Email : email@example.com
State or Country of residence: California
Quinolone taken: Levaquin
Reason for the Quinolone: For a persistent cough
Was a safer antibiotic tried first? : No
How long did you take the Quinolone for? : 14 Days
How long ago did you take the Quinolone?: Early November 2003
How much have you recovered as of now?: 60%
How often do you relapse or cycle?: N/A
Does your doctor agree the Quinolone is the cause of your problems?: Yes
Do you have a history of seizures or neurological problems?: No
Please list anything your doctor did that helped in your recovery: Surgery to reconnect my Achilles tendons.
What has helped you in your recovery?: I have been
in physical therapy, I do exercises at home, I walk daily (although it's
difficult!), and I am now working my legs in a swimming pool using an aqua belt.
|I was prescribed Levaquin - 500 mg./day for 14 days - due
to a persistent cough. Three days later my left heel became sore; the day
after that the right heel joined it.
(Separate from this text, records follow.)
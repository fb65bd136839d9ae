-- ===== src/Graph/AnyNode/Replace.antt =====
-- ayatori/src/graph_representation/specific_nodes.rs: `with_replacements` of the nodes, whose helpers put
-- a node in the place of another one where the type of the argument has it.
pub mod Typing
pub mod Total
use ayatori.Prelude.{List, [], ◌∷◌, Option, none, some, Bool, if◌then◌else◌}
use ayatori.Collections.Order.{nat_ord}
use ayatori.Collections.BTreeMap.{BTreeMap, get}
use ayatori.Entities.Errors.{Result, ok, err, ◌>>=◌, RuntimeError, failed}
use ayatori.Entities.Params.{SessionParameters}
use ayatori.Graph.AnyNode.{
  NodeId, AnyNode, compute_scalar, collect, compute_mapping, serialize_and_sign_bc,
  serialize_and_sign_dm, deserialize_and_check, send_bc, send_dm, send_all, receive,
  scalar_argument, merge_scalars, ComputeMappingKind, with_reveal, NamedNodes, no_args, arg, Nodes,
  no_nodes, next, node_id,
}
use ayatori.Graph.AnyNode.Unions.{
  is_compute_scalar_arg, is_compute_mapping_arg, is_collect_arg, is_broadcast_arg,
  is_direct_message_arg, is_dependency, is_bc_signature, is_dm_signature, is_reception, is_sent_dm,
}

abbrev pub Replacements : SessionParameters → Type 0
Replacements P = BTreeMap NodeId (AnyNode P)

module _ {P : SessionParameters} where
  unfoldable pub replaced :
      (AnyNode P → Bool) → AnyNode P → Option (AnyNode P) → Result RuntimeError (AnyNode P)
  replaced fits node none = ok node
  replaced fits node (some new_node) =
      if fits new_node then ok new_node else err (failed "Replacement of an unsupported type")

  unfoldable pub replace_in_node :
      (AnyNode P → Bool) → AnyNode P → Replacements P → Result RuntimeError (AnyNode P)
  replace_in_node fits node replacements = replaced fits node (get replacements (node_id node))

  unfoldable pub replace_in_btreemap :
      (AnyNode P → Bool) → NamedNodes P → Replacements P → Result RuntimeError (NamedNodes P)
  replace_in_btreemap fits no_args replacements = ok no_args
  replace_in_btreemap fits (arg name node args) replacements =
      replace_in_node fits node replacements >>= λ new_node.
      replace_in_btreemap fits args replacements >>= λ new_args. ok (arg name new_node new_args)

  unfoldable pub replace_in_slice :
      (AnyNode P → Bool) → Nodes P → Replacements P → Result RuntimeError (Nodes P)
  replace_in_slice fits no_nodes replacements = ok no_nodes
  replace_in_slice fits (next node nodes) replacements =
      replace_in_node fits node replacements >>= λ new_node.
      replace_in_slice fits nodes replacements >>= λ new_nodes. ok (next new_node new_nodes)

  unfoldable pub kind_with_replacements :
      ComputeMappingKind P → Replacements P → Result RuntimeError (ComputeMappingKind P)
  kind_with_replacements (ComputeMappingKind.simple function) replacements =
      ok (ComputeMappingKind.simple function)
  kind_with_replacements (with_reveal function verification args) replacements =
      replace_in_btreemap is_compute_mapping_arg args replacements >>= λ new_args.
      ok (with_reveal function verification new_args)
  kind_with_replacements (ComputeMappingKind.third_party_attributable function verification)
        replacements =
      ok (ComputeMappingKind.third_party_attributable function verification)

  -- The new contents stand behind a new pointer `i`.
  unfoldable pub with_replacements :
      NodeId → AnyNode P → Replacements P → Result RuntimeError (AnyNode P)
  with_replacements i (compute_scalar _ tag kind args nodes) m =
      replace_in_btreemap is_compute_scalar_arg args m >>= λ args'.
      replace_in_slice is_dependency nodes m >>= λ nodes'.
      ok (compute_scalar i tag kind args' nodes')
  with_replacements i (collect _ tag values group nodes) m =
      replace_in_node is_collect_arg values m >>= λ values'.
      replace_in_slice is_dependency nodes m >>= λ nodes'. ok (collect i tag values' group nodes')
  with_replacements i (compute_mapping _ tag args kind nodes) m =
      replace_in_btreemap is_compute_mapping_arg args m >>= λ args'.
      kind_with_replacements kind m >>= λ kind'.
      replace_in_slice is_dependency nodes m >>= λ nodes'.
      ok (compute_mapping i tag args' kind' nodes')
  with_replacements i (serialize_and_sign_bc _ tag function signs adapter name) m =
      replace_in_node is_broadcast_arg signs m >>= λ signs'.
      ok (serialize_and_sign_bc i tag function signs' adapter name)
  with_replacements i (serialize_and_sign_dm _ tag function signs adapter name) m =
      replace_in_node is_direct_message_arg signs m >>= λ signs'.
      ok (serialize_and_sign_dm i tag function signs' adapter name)
  with_replacements i (deserialize_and_check _ tag function reads adapter name) m =
      replace_in_node is_reception reads m >>= λ reads'.
      ok (deserialize_and_check i tag function reads' adapter name)
  with_replacements i (send_bc _ tag sends destinations nodes) m =
      replace_in_node is_bc_signature sends m >>= λ sends'.
      replace_in_slice is_dependency nodes m >>= λ nodes'.
      ok (send_bc i tag sends' destinations nodes')
  with_replacements i (send_dm _ tag sends nodes) m =
      replace_in_node is_dm_signature sends m >>= λ sends'.
      replace_in_slice is_dependency nodes m >>= λ nodes'. ok (send_dm i tag sends' nodes')
  with_replacements i (send_all _ tag values destinations) m =
      replace_in_node is_sent_dm values m >>= λ values'. ok (send_all i tag values' destinations)
  with_replacements i (receive _ tag message_name) m = ok (receive i tag message_name)
  with_replacements i (scalar_argument _ tag name) m = ok (scalar_argument i tag name)
  with_replacements i (merge_scalars _ tag left right) m =
      replace_in_node is_compute_scalar_arg left m >>= λ left'.
      replace_in_node is_compute_scalar_arg right m >>= λ right'.
      ok (merge_scalars i tag left' right')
I thought I must be stiff from some
exercise I had done and let this condition persist for two weeks before I
returned to the subscribing physician. He looked at my feet, saw they were
swollen and prescribed a diuretic to reduce the swelling. Four days later I
experienced excruciating pain in both legs as I was pushing a grocery cart
containing my Thanksgiving turkey. My husband took me back to the doctor -
he looked at my feet and said, "My God, this is an adverse reaction to the
Levaquin I gave you. I've never seen both legs affected, but I did have one
other patient some time ago with minor tendonitis from the drug." I was sent
to a surgeon who sent me to get an MRI. That confirmed that both tendons had
ruptured, and on December 3rd I had bilateral surgery to reconnect the
tendons. I was fortunate that the tendons could be reconnected - the
surgeons (two worked on me) were afraid that they might have to reconstruct
|After three days in the hospital with
non-weight bearing casts on both legs from just below the knee, I went from
the hospital to a nursing home where I stayed for five weeks. This was
necessary, as our condominium is two stories and my husband had to have an
elevator installed before I could come home. I might add that this is quite
an expense! After 7 weeks and three cast changes, the casts were removed and
I was told I could walk. I could barely stand. But after extensive physical
therapy and a lot of work on my part, I now walk nearly a mile every day
although I come home exhausted.
Another adverse reaction I've had is in my shoulders, the rotator cuffs. I've had problems with my shoulders for some time, but the Levaquin exacerbated the pain. Now I can barely lift my 4-month old granddaughter and can't lift my 15-month old grandson. This condition seems only to be getting worse, particularly when I am lying in bed. Sleeping is difficult.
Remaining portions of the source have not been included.